# Butterfly Perch



## Fishindude (May 19, 2015)

The lake where our cottage is in northern Michigan is loaded with small perch. We catch a lot and always just throw them back. Recently a friend showed me a youtube video on how to butterfly clean perch, so we gave it a shot last weekend on about 25. It's kind of a tedious method on the small perch, but they sure turned out nice and are very tasty.

I suspect we will be keeping a few more of these guys in the future.


----------



## fishhead (Jul 19, 2006)

Where's the link to the video?


----------



## StL.Ed (Mar 6, 2011)

And here, I thought this was a Butterfly Perch...


----------



## Fishindude (May 19, 2015)

fishhead said:


> Where's the link to the video?


Here is one, there are many on line.


----------



## fishhead (Jul 19, 2006)

Thanks.

I was snorkeling last week and saw a bunch of 3" bluegills and some 4-5" perch. That got me thinking about butterfly filleting again.

I would leave the rib cage in place and just split them on one side of the dorsal fin like salmon that are cut for drying.

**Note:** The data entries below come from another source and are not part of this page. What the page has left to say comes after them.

-- ===== src/Event/Drain.antt =====
-- src/runtime/vm_event.c: the queue drained, and what a drain keeps and brings about.
use cscript.Prelude.{
  ℕ, zero, suc, ◌≤◌, ◌≡◌, ◌⊎◌, refl, ap, ◌∙◌, arith, if◌then◌else◌, false, List, [], ◌∷◌, length,
  Option, none, some, inl, inr, some-cancel, none≢some,
}
use mathlib.Core.Path.{subst}
use cscript.Event.{Microtask, World, Machine, promise, is_pending}
use cscript.Event.Runs.{Ran, ran, broke, run_microtask, world_after}
use cscript.Event.Acts.{Lawful}
use cscript.Event.Running.{run_microtask-Onward}

-- `drainMicrotasks`; `none` is fuel that has run out.
unfoldable pub drain_from : Machine → ℕ → List Microtask → World → Option Ran
drain_from m n [] w = some (ran w)
drain_from m zero (t ∷ ts) w = none
drain_from m (suc n) (t ∷ ts) w = elim (run_microtask m t (record w { queue = ts })) [
  | ran out ↦ drain_from m n out.queue out
  | broke out ↦ some (broke out)
]

abbrev pub drain : Machine → ℕ → World → Option Ran
drain m n w = drain_from m n w.queue w

-- `reportUnhandledRejections` without its text
unfoldable pub report_from : List ℕ → World → Ran
report_from [] w = ran (record w { noted = [] })
report_from (p ∷ ps) w =
    if (promise w p).handled then report_from ps w else broke (record w { noted = [] })

abbrev pub report_unhandled : World → Ran
report_unhandled w = report_from w.noted w

-- What is settled stays settled, with its outcome.
pub record Lasting (w out : World) : Type 0 where
  pub stays :
      (p : ℕ)
      → is_pending (promise w p).state ≡ false
      → ((promise out p).state ≡ (promise w p).state)
        × ((promise out p).value ≡ (promise w p).value)
  pub size : length w.promises ≤ length out.promises

pub Lasting-trans : (a b c : World) → Lasting a b → Lasting b c → Lasting a c
Lasting-trans a b c g h = record {
  stays = λ p s.
      let (st, val) = g.stays p s in
      let (st', val') = h.stays p (ap is_pending st ∙ s) in (st' ∙ st, val' ∙ val);
  size = omega (arith, g.size, h.size);
}

-- A run of the head of the queue.
head-Lasting :
    (m : Machine) (t : Microtask) (ts : List Microtask) (w : World)
    → Lawful m
    → Lasting w (world_after (run_microtask m t (record w { queue = ts })))
head-Lasting m t ts w h =
    let g = run_microtask-Onward m t (record w { queue = ts }) h in
    record { stays = g.stays; size = g.size }

-- How a run of the head ends, and what is left to do.
pub Ran-cases : (r : Ran) → ((w : World) × (r ≡ ran w)) ⊎ ((w : World) × (r ≡ broke w))
Ran-cases (ran w) = inl (w, refl)
Ran-cases (broke w) = inr (w, refl)

-- One run of the loop, and its end.
pub drain_from-run :
    (m : Machine) (n : ℕ) (t : Microtask) (ts : List Microtask) (w out : World)
    → run_microtask m t (record w { queue = ts }) ≡ ran out
    → drain_from m (suc n) (t ∷ ts) w ≡ drain_from m n out.queue out
unfolding drain_from
drain_from-run m n t ts w out e = rw (e, drain_from) refl

pub drain_from-broke :
    (m : Machine) (n : ℕ) (t : Microtask) (ts : List Microtask) (w out : World)
    → run_microtask m t (record w { queue = ts }) ≡ broke out
    → drain_from m (suc n) (t ∷ ts) w ≡ some (broke out)
unfolding drain_from
drain_from-broke m n t ts w out e = rw (e, drain_from) refl

pub drain_from-nil :
    (m : Machine) (n : ℕ) (ts : List Microtask) (w : World)
    → ts ≡ []
    → drain_from m n ts w ≡ some (ran w)
unfolding drain_from
drain_from-nil m n ts w e = ap (λ ts. drain_from m n ts w) e

-- What every run of the head keeps, a drain keeps.
pub drain_from-Step :
    (m : Machine) (R : World → World → Type 0) (n : ℕ) (ts : List Microtask) (w : World) (r : Ran)
    → ((a b c : World) → R a b → R b c → R a c)
    → ((a : World) → R a a)
    → ((t : Microtask) (ts : List Microtask) (w : World)
        → R w (world_after (run_microtask m t (record w { queue = ts }))))
    → drain_from m n ts w ≡ some r
    → R w (world_after r)
unfolding drain_from
drain_from-Step m R n [] w r chain still head e =
    subst (λ r. R w (world_after r)) (some-cancel e) (still w)
drain_from-Step m R zero (t ∷ ts) w r chain still head e = absurd (none≢some e)
drain_from-Step m R (suc n) (t ∷ ts) w r chain still head e =
    elim (Ran-cases (run_microtask m t (record w { queue = ts }))) [
      | inl (out, f) ↦
          chain w out _ (subst (λ r. R w (world_after r)) f (head t ts w))
            (drain_from-Step m R n out.queue out r chain still head (rw (f, drain_from) at e))
      | inr (out, f) ↦
          subst (λ r. R w (world_after r)) (some-cancel (rw (f, drain_from) at e))
            (subst (λ r. R w (world_after r)) f (head t ts w))
    ]

-- If program code acts on promises by the native functions and by awaiting alone, a drain that ends, with
-- or without an error, leaves every promise that was settled with its state and its value.
pub drain-Lasting :
    (m : Machine) (n : ℕ) (w : World) (r : Ran)
    → Lawful m
    → drain m n w ≡ some r
    → Lasting w (world_after r)
drain-Lasting m n w r h e =
    drain_from-Step m Lasting n w.queue w r Lasting-trans
      (λ w. record { stays = λ p s. (refl, refl); size = omega arith })
      (λ t ts w. head-Lasting m t ts w h) e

I'm thinking that it might soften the bones but if not they should lift out pretty easily although it would make it harder to bread them. We ran a bunch of small bass through the blender and then fried them. They made little green patties and the bones were just as hard plus there were now more of them.


----------



## Homesteader at Heart (Aug 11, 2003)

Why not just fillet them? It seems like it would be quicker than butterflying.


----------



## fishhead (Jul 19, 2006)

If they were larger than I probably could fillet them faster but these are small fish. Also, by the time you fillet the meat off the ribs it would only be about 1/8" thick.

I'm not sure why some people fillet the larger fish but I do know that processors butterfly perch so there must be a reason.


----------